Also, try to shift the central stone back to a middle alignment like on the previous page. Its leaning towards the left side. Reserve that positioning for the left one if you wish to make them pull apart... it will feel more natural.


----------



## Bubba_Shrimp (Jun 16, 2009)

blair said:


> Personally I'd say go with E. Tenellus along the background. A mix of large background plants will detract from your hardscape that you have worked so hard to iron out. The cave you created is interesting, but it will likely be overgrown by the ground cover. Photoshoping is a fun way to try and predict a mature scape, but your HC will have some height to it  Don't fret, it will look more natural this way, and in my opinion also make that larger stone currently stacked appear to be one solid entity which helps give the illusion of an actual sanzon iwagumi formation. Well done!
> 
> Also, try to shift the central stone back to a middle alignment like on the previous page. Its leaning towards the left side. Reserve that positioning for the left one if you wish to make them pull apart... it will feel more natural.

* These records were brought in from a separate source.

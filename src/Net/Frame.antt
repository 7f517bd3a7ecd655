-- ===== src/Net/Frame.antt =====
-- The headers of src/net_demo.c as offsets in a frame, and the frames that it builds itself. A frame
-- is the memory from its pointer on; `stale` is what a local array holds before it is written.
use ucosii_arm64_qemu.Prelude.{
  ℕ, zero, suc, ◌+◌, ◌-◌, ◌*◌, Bool, false, Option, none, some, ltb, ◌==◌, if◌then◌else◌, u8,
  bit_and,
}
use ucosii_arm64_qemu.Addr.{Ip, Mac}
use ucosii_arm64_qemu.Bytes.{
  Memory, ℤ, store, store16, load16, load_mac, ip_bytes, mac_bytes, util_memcpy, util_memset,
  util_memcmp, util_htons, util_ntohs,
}
use ucosii_arm64_qemu.Net.Checksum.{checksum16}

-- `struct net_interface`; `mac` is what virtio_net_get_mac_dev answers for `dev`.
pub record Interface : Type 0 where
  pub has_dev : Bool
  pub mac : Mac
  pub local_ip : Ip
  pub peer_ip : Ip
  pub peer_mac : Mac
  pub peer_mac_valid : Bool

-- Which of `g_lan_if` and `g_wan_if`.
pub data Side : Type 0 where
  lan : Side
  wan : Side

-- The arguments of a call of virtio_net_send_frame_dev.
pub record Packet : Type 0 where
  pub side : Side
  pub frame : Memory
  pub length : ℕ

-- Fields that the code reads through `util_ntohs`.
abbrev pub field16 : Memory → ℕ → ℕ
field16 m i = util_ntohs (load16 m i)

-- `(size_t)((ip->version_ihl & 0x0Fu) * 4u)` and `util_ntohs(ip->total_length)`
abbrev pub ip_header_len : Memory → ℕ
ip_header_len m = bit_and (m 14) 15 * 4

abbrev pub total_length : Memory → ℕ
total_length m = field16 m 16

unfoldable pub is_zero : ℤ → Bool
is_zero (ℤ.pos n) = n == 0
is_zero (ℤ.negsuc n) = false

unfoldable pub ip_equals : Memory → ℕ → Ip → Bool
unfolding is_zero
ip_equals m i ip = is_zero (util_memcmp m i (ip_bytes ip) 0 4)

-- The Ethernet header of an ARP frame, and the packet behind it.
unfoldable pub fill_arp : ℕ → Memory → Mac → Mac → Ip → Memory → ℕ → Memory → ℕ → Memory
fill_arp oper frame dest src spa tha tha_at tpa tpa_at =
    let m1 = util_memcpy frame 0 (mac_bytes dest) 0 6 in
    let m2 = util_memcpy m1 6 (mac_bytes src) 0 6 in
    let m3 = store16 m2 12 (util_htons 2054) in
    let m4 = store16 m3 14 (util_htons 1) in
    let m5 = store16 m4 16 (util_htons 2048) in
    let m6 = store (store m5 18 6) 19 4 in
    let m7 = store16 m6 20 (util_htons oper) in
    let m8 = util_memcpy m7 22 (mac_bytes src) 0 6 in
    let m9 = util_memcpy m8 28 (ip_bytes spa) 0 4 in
    util_memcpy (util_memcpy m9 32 tha tha_at 6) 38 tpa tpa_at 4

abbrev broadcast : Mac
broadcast = record { m0 = 255; m1 = 255; m2 = 255; m3 = 255; m4 = 255; m5 = 255 }

unfoldable pub send_arp_request_for_ip : Memory → Side → Interface → Ip → Packet
unfolding fill_arp
send_arp_request_for_ip stale side iface target_ip = record {
  side = side;
  frame =
      fill_arp 1 (util_memset stale 0 0 64) broadcast iface.mac iface.local_ip (λ _. 0) 0
        (ip_bytes target_ip) 0;
  length = 42;
}

unfoldable pub net_demo_send_arp_request : Memory → Side → Interface → Packet
unfolding fill_arp
net_demo_send_arp_request stale side iface = record {
  side = side;
  frame =
      fill_arp 1 (util_memset stale 0 0 64) broadcast iface.mac iface.local_ip (λ _. 0) 0
        (ip_bytes iface.peer_ip) 0;
  length = 42;
}

-- The reply to the request in `m`.
unfoldable pub send_arp_reply : Memory → Side → Interface → Memory → Packet
unfolding fill_arp
send_arp_reply stale side iface m = record {
  side = side;
  frame = fill_arp 2 stale (load_mac m 6) iface.mac iface.local_ip m 22 m 28;
  length = 42;
}

-- The checksum of the region at `start`, whose field at `field` is zeroed first and then written.
unfoldable pub put_checksum : Memory → ℕ → ℕ → ℕ → Memory
put_checksum m start field len =
    let zeroed = store16 m field 0 in
    store16 zeroed field (util_htons (checksum16 zeroed start len))

-- `length > VIRTIO_NET_MAX_FRAME_SIZE`
unfoldable pub clamp_frame : ℕ → ℕ
clamp_frame length = if ltb 1518 length then 1518 else length

-- The copy of the echo request made into the reply: addresses swapped, time to live, both checksums.
unfoldable pub echo_frame : Memory → Interface → Memory
unfolding put_checksum
echo_frame frame iface =
    let hlen = ip_header_len frame in
    let icmp = 14 + hlen in
    let m1 = util_memcpy frame 0 frame 6 6 in
    let m2 = util_memcpy m1 6 (mac_bytes iface.mac) 0 6 in
    let m3 = util_memcpy m2 26 frame 30 4 in
    let m4 = util_memcpy m3 30 frame 26 4 in
    let m5 = put_checksum (store m4 22 64) 14 24 hlen in
    let m6 = store (store m5 icmp 0) (icmp + 1) 0 in
    put_checksum m6 icmp (icmp + 2) (total_length frame - hlen)

-- `none` where the packet is too short for an ICMP header.
unfoldable pub send_icmp_echo_reply : Memory → Side → Interface → Memory → ℕ → Option Packet
unfolding clamp_frame echo_frame
send_icmp_echo_reply stale side iface rx length =
    let frame = util_memcpy stale 0 rx 0 (clamp_frame length) in
    if ltb (total_length frame) (ip_header_len frame + 8)
    then none
    else some
        (record { side = side; frame = echo_frame frame iface; length = 14 + total_length frame })

-- `payload[i] = (uint8_t)(i + 1u)`
unfoldable pub fill_payload : Memory → ℕ → ℕ → Memory
fill_payload m at zero = m
fill_payload m at (suc n) = store (fill_payload m at n) (at + n) (u8 (n + 1))

unfoldable pub net_demo_send_icmp_request : Memory → Side → Interface → ℕ → Option Packet
unfolding put_checksum fill_payload
net_demo_send_icmp_request stale side iface sequence =
    let m1 = util_memcpy stale 0 (mac_bytes iface.peer_mac) 0 6 in
    let m2 = store16 (util_memcpy m1 6 (mac_bytes iface.mac) 0 6) 12 (util_htons 2048) in
    let m3 = store16 (store (store m2 14 69) 15 0) 16 (util_htons 44) in
    let m4 = store16 (store16 m3 18 (util_htons sequence)) 20 0 in
    let m5 = store (store m4 22 64) 23 1 in
    let m6 = util_memcpy m5 26 (ip_bytes iface.local_ip) 0 4 in
    let m7 = put_checksum (util_memcpy m6 30 (ip_bytes iface.peer_ip) 0 4) 14 24 20 in
    let m8 = store16 (store (store m7 34 8) 35 0) 38 (util_htons 4660) in
    let m9 = fill_payload (store16 m8 40 (util_htons sequence)) 42 16 in
    if iface.peer_mac_valid
    then some (record { side = side; frame = put_checksum m9 34 36 24; length = 58 })
    else none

Agreed. Mixing background plants will not be a good idea. 
I also have an area in the middle between 3 stones (circled red). What should I plant there? Also E. Tenellus near stones?


----------



## blair (Feb 8, 2009)

You could try it and give it a trim in that area... or perhaps a mixed carpet with glosso at the stone periphery. You will have to keep at it as it will overtake the HC with runners without maintenance about twice a month.

I'll brainstorm some more and get back to you with ideas, gotta run!


----------



## Francis Xavier (Oct 8, 2008)

There's something that strikes me as off in the hardscape, but I can't say what for sure yet. I think it might be the angle and positioning of the main stone and the relational positioning of the middle support stone. You think it might be possible to get some photo's of the rocks from each of their respective sides? I've got a thread floating around in general about Iwagumi's that might be helpful to read.


----------



## Bubba_Shrimp (Jun 16, 2009)

Francis Xavier said:


> There's something that strikes me as off in the hardscape, but I can't say what for sure yet. I think it might be the angle and positioning of the main stone and the relational positioning of the middle support stone. You think it might be possible to get some photo's of the rocks from each of their respective sides? I've got a thread floating around in general about Iwagumi's that might be helpful to read.


Will post more pictures tomorrow. I'm currently moving the right set of stones a bit to the right...

Found your Iwagumi Design post - great read, thanks!


----------



## speedie408 (Jan 15, 2009)

Great setup so far man. Can't wait to see your outcome.


----------



## blair (Feb 8, 2009)

Here is a mock-up of the stones a bit closer together. Perhaps a consolidation will make it work better with small pieces, but I am not sure... I agree with Francis, something just feels a wee bit off; but its close to where it should be.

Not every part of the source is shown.